* Collected data entries *
-- ===== src/Sweep/Total.antt =====
-- The sweep never throws, whatever QBO and the database make of each retry, and tries every link it should.
use invoicing_platform.Prelude.{
  ℕ, ◌+◌, ◌≡◌, inl, inr, refl, Bool, true, false, if◌then◌else◌, List, [], ◌∷◌, select, ◌==◌, arith,
  length,
}
use invoicing_platform.Database.{RowId, SyncLinkRow, ok}
use invoicing_platform.Sync.Links.{find_link_by_local}
use invoicing_platform.Sync.Links.Failures.{find_failed_links_due}
use invoicing_platform.Inbound.Body.{JsRuntime}
use invoicing_platform.Outbound.Builders.{JsOutput}
use invoicing_platform.Outbound.Effects.{QboClient, World, Eff, done}
use invoicing_platform.Outbound.Once.{Effect-cases}
use invoicing_platform.Sweep.Groups.{group_size, tried, tried-all}
use invoicing_platform.Sweep.Retry.{
  RetryOutcome, succeeded, failed_again, exhausted, cleared, RetrySweepSummary, outcome_of,
  retry_link, retry_one_failed_link, count, retry_links, orgs_of, retry_orgs,
  run_outbound_retry_sweep,
}

-- The summary of `n` tries, each with one outcome.
abbrev pub Counts : ℕ → RetrySweepSummary → Type 0
Counts n s = (s.retried ≡ n) × (s.retried ≡ s.succeeded + s.failed + s.terminal + s.cleared)

-- The step goes through with a result that has the property.
abbrev pub Returns : {q : QboClient} {A : Type 0} → (A → Type 0) → Eff q A → World q → Type 0
Returns {q} {A} P m w = (a : A) × (w' : World q) × (m w ≡ (ok a, w')) × P a

module _ (js : JsRuntime) (out : JsOutput) (q : QboClient) where
  abbrev outcome_at : SyncLinkRow → World q → RetryOutcome
  outcome_at link w =
      outcome_of js out q (find_link_by_local link.org_id link.entity_type link.local_id w.db)

  retry_one-Returns :
      (link : SyncLinkRow) (w : World q)
      → Returns (λ o. Unit {0}) (retry_one_failed_link js out q link) w
  unfolding retry_one_failed_link
  retry_one-Returns link w = elim (Effect-cases (retry_link js out q link.entity_type link w)) [
    | inl (e, w', h) ↦ (outcome_at link w', w', rw h refl, tt)
    | inr (u, w', h) ↦ (outcome_at link w', w', rw h refl, tt)
  ]

  count-Counts :
      (n : ℕ) (o : RetryOutcome) (s : RetrySweepSummary)
      → Counts n s
      → Counts (n + 1) (count js out q o s)
  count-Counts n succeeded s h = ground arith
  count-Counts n failed_again s h = ground arith
  count-Counts n exhausted s h = ground arith
  count-Counts n cleared s h = ground arith

  retry_links-Returns :
      (ls : List SyncLinkRow) (n : ℕ) (s : RetrySweepSummary) (w : World q)
      → Counts n s
      → Returns (Counts (n + length ls)) (retry_links js out q ls s) w
  unfolding retry_links
  retry_links-Returns [] n s w h = (s, w, refl, ground arith)
  retry_links-Returns (l ∷ ls) n s w h =
      let (o, w1, e, u) = retry_one-Returns l w in
      let (s', w', e', h') =
        retry_links-Returns ls (n + 1) (count js out q o s) w1 (count-Counts n o s h) in
      (s', w', rw e e', ground arith)

  org-Returns :
      (b : Bool) (ls : List SyncLinkRow) (n : ℕ) (s : RetrySweepSummary) (w : World q)
      → Counts n s
      → Returns
          (Counts (n + (if b then length ls else 0)))
          (if b then retry_links js out q ls s else done s)
          w
  org-Returns true ls n s w h = retry_links-Returns ls n s w h
  org-Returns false ls n s w h = (s, w, refl, ground arith)

  retry_orgs-Returns :
      (connected : RowId → Bool) (due : List SyncLinkRow) (orgs : List RowId) (n : ℕ)
      (s : RetrySweepSummary) (w : World q)
      → Counts n s
      → Returns (Counts (n + tried connected due orgs)) (retry_orgs js out q connected due orgs s) w
  unfolding retry_orgs
  retry_orgs-Returns connected due [] n s w h = (s, w, refl, ground arith)
  retry_orgs-Returns connected due (org ∷ orgs) n s w h =
      let group = select (λ l. l.org_id == org) due in
      let (s1, w1, e, h1) = org-Returns (connected org) group n s w h in
      let (s', w', e', h') =
        retry_orgs-Returns connected due orgs (n + group_size connected due org) s1 w1 h1 in
      (s', w', rw e e', ground arith)

  -- The sweep goes through whatever QBO answers and whatever each retry throws. It tries as many links as
  -- are due and belong to an organisation with a connection, and counts each try under one outcome: the
  -- retries are that number, and the sum of the successes, failures, terminal failures and cleared links.
  pub run_outbound_retry_sweep-Counts :
      (connected : RowId → Bool) (now : ℕ) (w : World q)
      → Returns
          (Counts (length (select (λ l. connected l.org_id) (find_failed_links_due now w.db))))
          (run_outbound_retry_sweep js out q connected now)
          w
  unfolding run_outbound_retry_sweep
  run_outbound_retry_sweep-Counts connected now w =
      let due = find_failed_links_due now w.db in
      let (s, w', e, counts) =
        retry_orgs-Returns connected due (orgs_of js out q [] due) 0
          (record { retried = 0; succeeded = 0; failed = 0; terminal = 0; cleared = 0 }) w
          (refl, refl) in
      (s, w', e, (omega (arith, counts.0, tried-all js out q connected due), counts.1))
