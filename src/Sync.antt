-- ===== src/Sync.antt =====
-- The parts of the QBO sync engine, apps/api/src/qbo.
pub mod Retry
pub mod Ordering
pub mod Conflict
pub mod Links
pub mod EventDedup
pub mod NaturalKey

* Try it *
Write out every record exactly as it appears above.

* Your response *
-- ===== src/Sweep/Total.antt =====
-- The sweep never throws, whatever QBO and the database make of each retry, and tries every link it should.
use invoicing_platform.Prelude.{
  ℕ, ◌+◌, ◌≡◌, inl, inr, refl, Bool, true, false, if◌then◌else◌, List, [], ◌∷◌, select, ◌==◌, arith,
  length,
}
use invoicing_platform.Database.{RowId, SyncLinkRow, ok}
use invoicing_platform.Sync.Links.{find_link_by_local}
use invoicing_platform.Sync.Links.Failures.{find_failed_links_due}
use invoicing_platform.Inbound.Body.{JsRuntime}
use invoicing_platform.Outbound.Builders.{JsOutput}
use invoicing_platform.Outbound.Effects.{QboClient, World, Eff, done}
use invoicing_platform.Outbound.Once.{Effect-cases}
use invoicing_platform.Sweep.Groups.{group_size, tried, tried-all}
use invoicing_platform.Sweep.Retry.{
  RetryOutcome, succeeded, failed_again, exhausted, cleared, RetrySweepSummary, outcome_of,
  retry_link, retry_one_failed_link, count, retry_links, orgs_of, retry_orgs,
  run_outbound_retry_sweep,
}

-- The summary of `n` tries, each with one outcome.
abbrev pub Counts : ℕ → RetrySweepSummary → Type 0
Counts n s = (s.retried ≡ n) × (s.retried ≡ s.succeeded + s.failed + s.terminal + s.cleared)

-- The step goes through with a result that has the property.
abbrev pub Returns : {q : QboClient} {A : Type 0} → (A → Type 0) → Eff q A → World q → Type 0
Returns {q} {A} P m w = (a : A) × (w' : World q) × (m w ≡ (ok a, w')) × P a

module _ (js : JsRuntime) (out : JsOutput) (q : QboClient) where
  abbrev outcome_at : SyncLinkRow → World q → RetryOutcome
  outcome_at link w =
      outcome_of js out q (find_link_by_local link.org_id link.entity_type link.local_id w.db)

  retry_one-Returns :
      (link : SyncLinkRow) (w : World q)
      → Returns (λ o. Unit {0}) (retry_one_failed_link js out q link) w
  unfolding retry_one_failed_link
  retry_one-Returns link w = elim (Effect-cases (retry_link js out q link.entity_type link w)) [
    | inl (e, w', h) ↦ (outcome_at link w', w', rw h refl, tt)
    | inr (u, w', h) ↦ (outcome_at link w', w', rw h refl, tt)
  ]

  count-Counts :
      (n : ℕ) (o : RetryOutcome) (s : RetrySweepSummary)
      → Counts n s
      → Counts (n + 1) (count js out q o s)
  count-Counts n succeeded s h = ground arith
  count-Counts n failed_again s h = ground arith
  count-Counts n exhausted s h = ground arith
  count-Counts n cleared s h = ground arith

  retry_links-Returns :
      (ls : List SyncLinkRow) (n : ℕ) (s : RetrySweepSummary) (w : World q)
      → Counts n s
      → Returns (Counts (n + length ls)) (retry_links js out q ls s) w
  unfolding retry_links
  retry_links-Returns [] n s w h = (s, w, refl, ground arith)
  retry_links-Returns (l ∷ ls) n s w h =
      let (o, w1, e, u) = retry_one-Returns l w in
      let (s', w', e', h') =
        retry_links-Returns ls (n + 1) (count js out q o s) w1 (count-Counts n o s h) in
      (s', w', rw e e', ground arith)

  org-Returns :
      (b : Bool) (ls : List SyncLinkRow) (n : ℕ) (s : RetrySweepSummary) (w : World q)
      → Counts n s
      → Returns
          (Counts (n + (if b then length ls else 0)))
          (if b then retry_links js out q ls s else done s)
          w
  org-Returns true ls n s w h = retry_links-Returns ls n s w h
  org-Returns false ls n s w h = (s, w, refl, ground arith)

  retry_orgs-Returns :
      (connected : RowId → Bool) (due : List SyncLinkRow) (orgs : List RowId) (n : ℕ)
      (s : RetrySweepSummary) (w : World q)
      → Counts n s
      → Returns (Counts (n + tried connected due orgs)) (retry_orgs js out q connected due orgs s) w
  unfolding retry_orgs
  retry_orgs-Returns connected due [] n s w h = (s, w, refl, ground arith)
  retry_orgs-Returns connected due (org ∷ orgs) n s w h =
      let group = select (λ l. l.org_id == org) due in
      let (s1, w1, e, h1) = org-Returns (connected org) group n s w h in
      let (s', w', e', h') =
        retry_orgs-Returns connected due orgs (n + group_size connected due org) s1 w1 h1 in
      (s', w', rw e e', ground arith)

  -- The sweep goes through whatever QBO answers and whatever each retry throws. It tries as many links as
  -- are due and belong to an organisation with a connection, and counts each try under one outcome: the
  -- retries are that number, and the sum of the successes, failures, terminal failures and cleared links.
  pub run_outbound_retry_sweep-Counts :
      (connected : RowId → Bool) (now : ℕ) (w : World q)
      → Returns
          (Counts (length (select (λ l. connected l.org_id) (find_failed_links_due now w.db))))
          (run_outbound_retry_sweep js out q connected now)
          w
  unfolding run_outbound_retry_sweep
  run_outbound_retry_sweep-Counts connected now w =
      let due = find_failed_links_due now w.db in
      let (s, w', e, counts) =
        retry_orgs-Returns connected due (orgs_of js out q [] due) 0
          (record { retried = 0; succeeded = 0; failed = 0; terminal = 0; cleared = 0 }) w
          (refl, refl) in
      (s, w', e, (omega (arith, counts.0, tried-all js out q connected due), counts.1))
filename src/Sync.antt
-- ===== src/Sync.antt =====
-- The parts of the QBO sync engine, apps/api/src/qbo.
pub mod Retry
pub mod Ordering
pub mod Conflict
pub mod Links
pub mod EventDedup
pub mod NaturalKey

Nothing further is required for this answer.